Mais cela ne suffit pas, voilà que Jésus tape du poing sur la table parce que ces deux logiques de « mise en pratique » ne sont pas équivalentes : Jésus reproche à ces hommes de loi d’avoir laissé de côté le commandement de Dieu pour s’attacher à la tradition des hommes. Quel dommage que la liturgie de ce jour ait coupée les versets 9 à 13 où Jésus en donnait un exemple. Voici ces 5 versets que nous aurions dû entendre : « Jésus leur disait encore : « Vous rejetez bel et bien le commandement de Dieu pour établir votre tradition. En effet, Moïse a dit : Honore ton père et ta mère. Et encore : Celui qui maudit son père ou sa mère sera mis à mort. Mais vous, vous dites : Supposons qu’un homme déclare à son père ou à sa mère : “Les ressources qui m’auraient permis de t’aider sont korbane, c’est-à-dire don réservé à Dieu”, alors vous ne l’autorisez plus à faire quoi que ce soit pour son père ou sa mère ; vous annulez ainsi la parole de Dieu par la tradition que vous transmettez. Et vous faites beaucoup de choses du même genre. » (Mc 7, 9-13)

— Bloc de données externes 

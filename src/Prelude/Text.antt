-- ===== src/Prelude/Text.antt =====
-- Rust's `String` as its UTF-8 bytes, and the check that `String::from_utf8` makes.
use Prim.Native.Char.{code}
use Prim.Native.String.{String}
use raytask.Prelude.{
  ℕ, zero, suc, Bool, true, false, ◌&&◌, List, [], ◌∷◌, leb, ltb, ◌==◌, if◌then◌else◌,
}

abbrev pub Str : Type 0
Str = List ℕ

-- The bytes of a text of ASCII characters.
abbrev pub codes : String → Str
codes String.[] = []
codes (String.◌∷◌ c s) = code c ∷ codes s

-- What may follow: `more` continuation bytes, the first of them from `lo` to `hi`.
pub record Pending : Type 0 where
  pub more : ℕ
  pub lo : ℕ
  pub hi : ℕ

abbrev pending : ℕ → ℕ → ℕ → Pending
pending more lo hi = record { more = more; lo = lo; hi = hi }

-- After a byte that fits nowhere: a byte from 1 to 0 is wanted, so this state is never left.
abbrev rejected : Pending
rejected = pending 1 1 0

-- The table of well-formed byte sequences, by the first byte.
abbrev lead : ℕ → Pending
lead b =
    if ltb b 0x80
    then pending 0 0x80 0xbf
    else if ltb b 0xc2
    then rejected
    else if ltb b 0xe0
    then pending 1 0x80 0xbf
    else if b == 0xe0
    then pending 2 0xa0 0xbf
    else if b == 0xed
    then pending 2 0x80 0x9f
    else if ltb b 0xf0
    then pending 2 0x80 0xbf
    else if b == 0xf0
    then pending 3 0x90 0xbf
    else if ltb b 0xf4
    then pending 3 0x80 0xbf
    else if b == 0xf4
    then pending 3 0x80 0x8f
    else rejected

abbrev utf8_step : ℕ → ℕ → Pending → Pending
utf8_step b zero p = lead b
utf8_step b (suc n) p = if leb p.lo b && leb b p.hi then pending n 0x80 0xbf else rejected

utf8_from : Pending → List ℕ → Bool
utf8_from p [] = p.more == 0
utf8_from p (b ∷ bs) = utf8_from (utf8_step b p.more p) bs

unfoldable pub is_utf8 : List ℕ → Bool
unfolding utf8_from
is_utf8 bs = utf8_from (pending 0 0x80 0xbf) bs

-- `==` on byte slices
unfoldable pub same_bytes : List ℕ → List ℕ → Bool
same_bytes [] [] = true
same_bytes [] (b ∷ bs) = false
same_bytes (a ∷ as') [] = false
same_bytes (a ∷ as') (b ∷ bs) = a == b && same_bytes as' bs
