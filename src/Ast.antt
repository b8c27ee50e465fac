-- ===== src/Ast.antt =====
-- The parts of the syntax tree (src/ast.rs) that the modelled code reads. Positions in the source,
-- `volatile`, access and attributes are left out.
use raytask.Prelude.{ℕ, Bool, Option, List}
use raytask.Prelude.Text.{Str}

mutual
  pub data TypeRef : Type 0 where
    type_ref : (name : Str) (args : TypeRefs) (nullable is_array : Bool) (array_dims : ℕ) → TypeRef

  -- `Vec<TypeRef>`
  pub data TypeRefs : Type 0 where
    no_args : TypeRefs
    arg : TypeRef → TypeRefs → TypeRefs

pub record FieldDecl : Type 0 where
  pub is_static : Bool
  pub ty : Option TypeRef
  pub name : Str

-- A method, a constructor and the like are one case: a layout skips them.
pub data Member : Type 0 where
  field : FieldDecl → Member
  code : Member

pub record StructDecl : Type 0 where
  pub name : Str
  pub members : List Member
  pub packed : Bool
  pub align : Option ℕ

pub record UnionDecl : Type 0 where
  pub name : Str
  pub members : List Member
  pub packed : Bool
  pub align : Option ℕ
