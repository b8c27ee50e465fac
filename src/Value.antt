-- ===== src/Value.antt =====
-- src/value.rs and the type descriptions of src/ffi.rs: the values of the virtual machine.
-- An `i64` and an `f64` are their 64-bit patterns, a `char` its scalar value, a `String` its bytes.
-- What the machine keeps behind an `Rc` (arrays, dictionaries, objects, tasks, upvalue cells) is the
-- number of its cell.
pub mod Equality
pub mod Words
pub mod Kinds
pub mod Ops
use raytask.Prelude.{ℕ, Bool, List, Option}
use raytask.Prelude.Text.{Str}

pub data FfiAbi : Type 0 where
  cdecl stdcall system : FfiAbi

mutual
  pub data FfiType : Type 0 where
    void bool i8 i16 i32 i64 u8 u16 u32 u64 f32 f64 ptr c_string : FfiType
    struct struct_ptr : FfiStructLayout → FfiType

  pub data FfiStructLayout : Type 0 where
    layout : (name : Str) (size align : ℕ) (packed : Bool) → FfiFields → FfiStructLayout

  -- `Vec<FfiFieldLayout>`
  pub data FfiFields : Type 0 where
    no_fields : FfiFields
    field : (name : Str) (offset : ℕ) → FfiType → FfiFields → FfiFields

pub record FfiFunction : Type 0 where
  pub name : Str
  pub library : Str
  pub symbol : Str
  pub abi : FfiAbi
  pub params : List FfiType
  pub ret : FfiType

pub record TypeHandle : Type 0 where
  pub name : Str
  pub kind : Str
  pub class_index : Option ℕ
  pub fields : List Str
  pub field_types : List Str
  pub methods : List Str

mutual
  pub data Value : Type 0 where
    null : Value
    bool : Bool → Value
    int uint float char : ℕ → Value
    string : Str → Value
    array dict object : ℕ → Value
    function :
        (name : Str) (chunk_index arity : ℕ) (defaults : Values) (is_async : Bool)
        (upvalues : List ℕ)
        → Value
    native : ℕ → Value
    type_module : Str → Value
    type : TypeHandle → Value
    task : ℕ → Value
    ffi : FfiFunction → Value
    ptr : ℕ → Value

  -- `Vec<Value>`
  pub data Values : Type 0 where
    no_values : Values
    value : Value → Values → Values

Jésus rappelle ici la Parole de vie transmise à Moïse : c’est en servant et en honorant tes proches que tu sers Dieu et Jésus déclare aux pharisiens que la réciproque qu’ils se sont aménagée est fausse : offrir tes ressources à Dieu ne soutiens pas tes proches. Jésus leur déclare qu’ils ont ainsi trahis le commandement de Dieu.
Le christianisme n’est pas une religion de prescription, mais il est une mise en pratique : il n’y a rien d’autre à faire qu’aimer. Au-delà du péché qui vient encombrer notre cœur, à temps et à contre-temps, il s’agit de mettre en pratique l’amour que le Seigneur a déposé en chacun de nous au jour de notre baptême. La prière ne consiste pas à demander à Dieu de mettre en pratique ce que nous souhaitons, de faire à notre place. Non, c’est exactement l’inverse : cet évangile me fait prendre conscience de mes propres responsabilités dans le monde, car Dieu compte sur moi pour faire aux autres le bien qu’il leur destine. Il m’envoie au monde, et par cette eucharistie, il me donne les moyens et la force d’être son humble témoin. Amen.